## [Assigned task]
Reproduce the data, keeping every word exactly as it is.
● ● ●
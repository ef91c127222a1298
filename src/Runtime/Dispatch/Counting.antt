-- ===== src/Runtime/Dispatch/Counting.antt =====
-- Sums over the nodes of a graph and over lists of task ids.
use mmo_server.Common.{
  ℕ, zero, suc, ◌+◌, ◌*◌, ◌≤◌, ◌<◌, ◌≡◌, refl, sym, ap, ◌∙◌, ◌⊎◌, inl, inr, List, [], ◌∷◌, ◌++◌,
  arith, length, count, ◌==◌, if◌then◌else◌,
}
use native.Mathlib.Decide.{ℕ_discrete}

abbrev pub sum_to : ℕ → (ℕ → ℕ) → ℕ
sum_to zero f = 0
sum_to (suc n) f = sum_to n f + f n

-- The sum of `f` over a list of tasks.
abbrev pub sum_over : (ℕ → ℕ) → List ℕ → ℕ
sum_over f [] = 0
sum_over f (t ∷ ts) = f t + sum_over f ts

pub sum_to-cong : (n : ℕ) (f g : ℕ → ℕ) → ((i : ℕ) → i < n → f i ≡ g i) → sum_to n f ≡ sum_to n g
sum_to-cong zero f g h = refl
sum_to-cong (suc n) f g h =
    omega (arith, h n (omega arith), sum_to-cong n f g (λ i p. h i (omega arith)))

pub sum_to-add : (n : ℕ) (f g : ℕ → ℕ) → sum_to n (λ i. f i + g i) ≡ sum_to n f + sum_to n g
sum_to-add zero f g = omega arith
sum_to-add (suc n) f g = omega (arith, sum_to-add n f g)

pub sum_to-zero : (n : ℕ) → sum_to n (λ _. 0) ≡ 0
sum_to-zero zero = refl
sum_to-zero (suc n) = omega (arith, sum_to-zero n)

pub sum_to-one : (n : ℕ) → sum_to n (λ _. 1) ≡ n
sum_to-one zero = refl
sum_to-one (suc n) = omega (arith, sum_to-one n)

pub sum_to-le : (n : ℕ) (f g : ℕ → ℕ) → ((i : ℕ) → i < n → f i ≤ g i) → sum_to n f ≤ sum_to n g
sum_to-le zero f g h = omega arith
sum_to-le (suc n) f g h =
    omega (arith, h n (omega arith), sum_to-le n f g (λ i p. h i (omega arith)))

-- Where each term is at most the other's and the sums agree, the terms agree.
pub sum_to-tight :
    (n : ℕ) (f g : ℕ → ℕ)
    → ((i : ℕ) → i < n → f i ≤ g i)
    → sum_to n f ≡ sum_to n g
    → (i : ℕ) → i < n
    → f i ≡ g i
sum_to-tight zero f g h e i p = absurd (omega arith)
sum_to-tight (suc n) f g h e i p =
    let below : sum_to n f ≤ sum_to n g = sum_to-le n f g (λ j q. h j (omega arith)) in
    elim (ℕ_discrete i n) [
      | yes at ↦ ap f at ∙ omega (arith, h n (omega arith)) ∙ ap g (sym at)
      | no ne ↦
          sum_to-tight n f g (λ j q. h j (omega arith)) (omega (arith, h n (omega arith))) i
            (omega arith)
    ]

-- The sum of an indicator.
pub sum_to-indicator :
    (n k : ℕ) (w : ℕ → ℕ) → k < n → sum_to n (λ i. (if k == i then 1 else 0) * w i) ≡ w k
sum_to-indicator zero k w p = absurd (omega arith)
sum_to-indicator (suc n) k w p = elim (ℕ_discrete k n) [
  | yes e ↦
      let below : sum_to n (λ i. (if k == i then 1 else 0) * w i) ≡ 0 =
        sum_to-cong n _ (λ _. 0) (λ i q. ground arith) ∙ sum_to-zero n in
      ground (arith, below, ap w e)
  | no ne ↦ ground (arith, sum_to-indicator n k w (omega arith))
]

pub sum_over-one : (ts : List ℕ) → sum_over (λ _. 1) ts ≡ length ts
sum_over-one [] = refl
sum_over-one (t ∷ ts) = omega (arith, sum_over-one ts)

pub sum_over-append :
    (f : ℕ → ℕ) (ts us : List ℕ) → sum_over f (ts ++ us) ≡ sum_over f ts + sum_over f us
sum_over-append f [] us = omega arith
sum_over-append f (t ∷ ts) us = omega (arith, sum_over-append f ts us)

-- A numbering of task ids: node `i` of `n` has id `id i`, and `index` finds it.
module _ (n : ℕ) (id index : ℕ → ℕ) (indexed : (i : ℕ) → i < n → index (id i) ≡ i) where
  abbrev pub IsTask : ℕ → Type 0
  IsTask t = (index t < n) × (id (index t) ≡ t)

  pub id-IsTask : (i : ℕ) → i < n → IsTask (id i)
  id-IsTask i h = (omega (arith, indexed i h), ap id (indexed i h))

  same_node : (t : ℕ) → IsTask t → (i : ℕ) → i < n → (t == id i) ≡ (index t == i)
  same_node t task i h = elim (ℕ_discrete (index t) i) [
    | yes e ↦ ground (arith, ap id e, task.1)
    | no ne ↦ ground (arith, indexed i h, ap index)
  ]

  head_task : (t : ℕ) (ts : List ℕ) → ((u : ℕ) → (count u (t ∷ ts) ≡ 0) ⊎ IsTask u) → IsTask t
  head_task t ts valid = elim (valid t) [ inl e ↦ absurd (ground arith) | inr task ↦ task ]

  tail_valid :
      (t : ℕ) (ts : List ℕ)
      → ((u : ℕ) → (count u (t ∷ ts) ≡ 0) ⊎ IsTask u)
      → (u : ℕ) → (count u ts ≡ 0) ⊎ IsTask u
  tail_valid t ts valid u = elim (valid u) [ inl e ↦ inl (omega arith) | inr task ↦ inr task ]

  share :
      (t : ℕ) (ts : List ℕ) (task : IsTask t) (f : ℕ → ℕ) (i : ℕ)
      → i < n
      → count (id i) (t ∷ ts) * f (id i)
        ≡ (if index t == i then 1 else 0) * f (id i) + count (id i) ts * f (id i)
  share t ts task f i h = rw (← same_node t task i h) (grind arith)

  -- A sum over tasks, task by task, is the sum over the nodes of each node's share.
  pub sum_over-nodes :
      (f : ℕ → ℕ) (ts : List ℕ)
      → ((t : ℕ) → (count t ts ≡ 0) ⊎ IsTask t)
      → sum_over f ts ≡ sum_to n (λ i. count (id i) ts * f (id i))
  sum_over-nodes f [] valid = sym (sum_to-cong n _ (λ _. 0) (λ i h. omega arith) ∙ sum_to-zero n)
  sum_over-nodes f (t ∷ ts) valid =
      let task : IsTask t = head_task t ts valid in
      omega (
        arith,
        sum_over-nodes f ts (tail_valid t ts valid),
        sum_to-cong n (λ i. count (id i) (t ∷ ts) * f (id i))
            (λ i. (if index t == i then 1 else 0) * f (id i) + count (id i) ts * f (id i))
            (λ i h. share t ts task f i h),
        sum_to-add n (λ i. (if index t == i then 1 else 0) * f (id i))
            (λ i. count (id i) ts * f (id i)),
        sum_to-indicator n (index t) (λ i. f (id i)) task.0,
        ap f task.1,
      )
● ● ●
## [Exercise answer]
repository ef91c127222a1298
filename src/Runtime/Dispatch/Counting.antt
-- ===== src/Runtime/Dispatch/Counting.antt =====
-- Sums over the nodes of a graph and over lists of task ids.
use mmo_server.Common.{
  ℕ, zero, suc, ◌+◌, ◌*◌, ◌≤◌, ◌<◌, ◌≡◌, refl, sym, ap, ◌∙◌, ◌⊎◌, inl, inr, List, [], ◌∷◌, ◌++◌,
  arith, length, count, ◌==◌, if◌then◌else◌,
}
use native.Mathlib.Decide.{ℕ_discrete}

abbrev pub sum_to : ℕ → (ℕ → ℕ) → ℕ
sum_to zero f = 0
sum_to (suc n) f = sum_to n f + f n

-- The sum of `f` over a list of tasks.
abbrev pub sum_over : (ℕ → ℕ) → List ℕ → ℕ
sum_over f [] = 0
sum_over f (t ∷ ts) = f t + sum_over f ts

pub sum_to-cong : (n : ℕ) (f g : ℕ → ℕ) → ((i : ℕ) → i < n → f i ≡ g i) → sum_to n f ≡ sum_to n g
sum_to-cong zero f g h = refl
sum_to-cong (suc n) f g h =
    omega (arith, h n (omega arith), sum_to-cong n f g (λ i p. h i (omega arith)))

pub sum_to-add : (n : ℕ) (f g : ℕ → ℕ) → sum_to n (λ i. f i + g i) ≡ sum_to n f + sum_to n g
sum_to-add zero f g = omega arith
sum_to-add (suc n) f g = omega (arith, sum_to-add n f g)

pub sum_to-zero : (n : ℕ) → sum_to n (λ _. 0) ≡ 0
sum_to-zero zero = refl
sum_to-zero (suc n) = omega (arith, sum_to-zero n)

pub sum_to-one : (n : ℕ) → sum_to n (λ _. 1) ≡ n
sum_to-one zero = refl
sum_to-one (suc n) = omega (arith, sum_to-one n)

pub sum_to-le : (n : ℕ) (f g : ℕ → ℕ) → ((i : ℕ) → i < n → f i ≤ g i) → sum_to n f ≤ sum_to n g
sum_to-le zero f g h = omega arith
sum_to-le (suc n) f g h =
    omega (arith, h n (omega arith), sum_to-le n f g (λ i p. h i (omega arith)))

-- Where each term is at most the other's and the sums agree, the terms agree.
pub sum_to-tight :
    (n : ℕ) (f g : ℕ → ℕ)
    → ((i : ℕ) → i < n → f i ≤ g i)
    → sum_to n f ≡ sum_to n g
    → (i : ℕ) → i < n
    → f i ≡ g i
sum_to-tight zero f g h e i p = absurd (omega arith)
sum_to-tight (suc n) f g h e i p =
    let below : sum_to n f ≤ sum_to n g = sum_to-le n f g (λ j q. h j (omega arith)) in
    elim (ℕ_discrete i n) [
      | yes at ↦ ap f at ∙ omega (arith, h n (omega arith)) ∙ ap g (sym at)
      | no ne ↦
          sum_to-tight n f g (λ j q. h j (omega arith)) (omega (arith, h n (omega arith))) i
            (omega arith)
    ]

-- The sum of an indicator.
pub sum_to-indicator :
    (n k : ℕ) (w : ℕ → ℕ) → k < n → sum_to n (λ i. (if k == i then 1 else 0) * w i) ≡ w k
sum_to-indicator zero k w p = absurd (omega arith)
sum_to-indicator (suc n) k w p = elim (ℕ_discrete k n) [
  | yes e ↦
      let below : sum_to n (λ i. (if k == i then 1 else 0) * w i) ≡ 0 =
        sum_to-cong n _ (λ _. 0) (λ i q. ground arith) ∙ sum_to-zero n in
      ground (arith, below, ap w e)
  | no ne ↦ ground (arith, sum_to-indicator n k w (omega arith))
]

pub sum_over-one : (ts : List ℕ) → sum_over (λ _. 1) ts ≡ length ts
sum_over-one [] = refl
sum_over-one (t ∷ ts) = omega (arith, sum_over-one ts)

pub sum_over-append :
    (f : ℕ → ℕ) (ts us : List ℕ) → sum_over f (ts ++ us) ≡ sum_over f ts + sum_over f us
sum_over-append f [] us = omega arith
sum_over-append f (t ∷ ts) us = omega (arith, sum_over-append f ts us)

-- A numbering of task ids: node `i` of `n` has id `id i`, and `index` finds it.
module _ (n : ℕ) (id index : ℕ → ℕ) (indexed : (i : ℕ) → i < n → index (id i) ≡ i) where
  abbrev pub IsTask : ℕ → Type 0
  IsTask t = (index t < n) × (id (index t) ≡ t)

  pub id-IsTask : (i : ℕ) → i < n → IsTask (id i)
  id-IsTask i h = (omega (arith, indexed i h), ap id (indexed i h))

  same_node : (t : ℕ) → IsTask t → (i : ℕ) → i < n → (t == id i) ≡ (index t == i)
  same_node t task i h = elim (ℕ_discrete (index t) i) [
    | yes e ↦ ground (arith, ap id e, task.1)
    | no ne ↦ ground (arith, indexed i h, ap index)
  ]

  head_task : (t : ℕ) (ts : List ℕ) → ((u : ℕ) → (count u (t ∷ ts) ≡ 0) ⊎ IsTask u) → IsTask t
  head_task t ts valid = elim (valid t) [ inl e ↦ absurd (ground arith) | inr task ↦ task ]

  tail_valid :
      (t : ℕ) (ts : List ℕ)
      → ((u : ℕ) → (count u (t ∷ ts) ≡ 0) ⊎ IsTask u)
      → (u : ℕ) → (count u ts ≡ 0) ⊎ IsTask u
  tail_valid t ts valid u = elim (valid u) [ inl e ↦ inl (omega arith) | inr task ↦ inr task ]

  share :
      (t : ℕ) (ts : List ℕ) (task : IsTask t) (f : ℕ → ℕ) (i : ℕ)
      → i < n
      → count (id i) (t ∷ ts) * f (id i)
        ≡ (if index t == i then 1 else 0) * f (id i) + count (id i) ts * f (id i)
  share t ts task f i h = rw (← same_node t task i h) (grind arith)

  -- A sum over tasks, task by task, is the sum over the nodes of each node's share.
  pub sum_over-nodes :
      (f : ℕ → ℕ) (ts : List ℕ)
      → ((t : ℕ) → (count t ts ≡ 0) ⊎ IsTask t)
      → sum_over f ts ≡ sum_to n (λ i. count (id i) ts * f (id i))
  sum_over-nodes f [] valid = sym (sum_to-cong n _ (λ _. 0) (λ i h. omega arith) ∙ sum_to-zero n)
  sum_over-nodes f (t ∷ ts) valid =
      let task : IsTask t = head_task t ts valid in
      omega (
        arith,
        sum_over-nodes f ts (tail_valid t ts valid),
        sum_to-cong n (λ i. count (id i) (t ∷ ts) * f (id i))
            (λ i. (if index t == i then 1 else 0) * f (id i) + count (id i) ts * f (id i))
            (λ i h. share t ts task f i h),
        sum_to-add n (λ i. (if index t == i then 1 else 0) * f (id i))
            (λ i. count (id i) ts * f (id i)),
        sum_to-indicator n (index t) (λ i. f (id i)) task.0,
        ap f task.1,
      )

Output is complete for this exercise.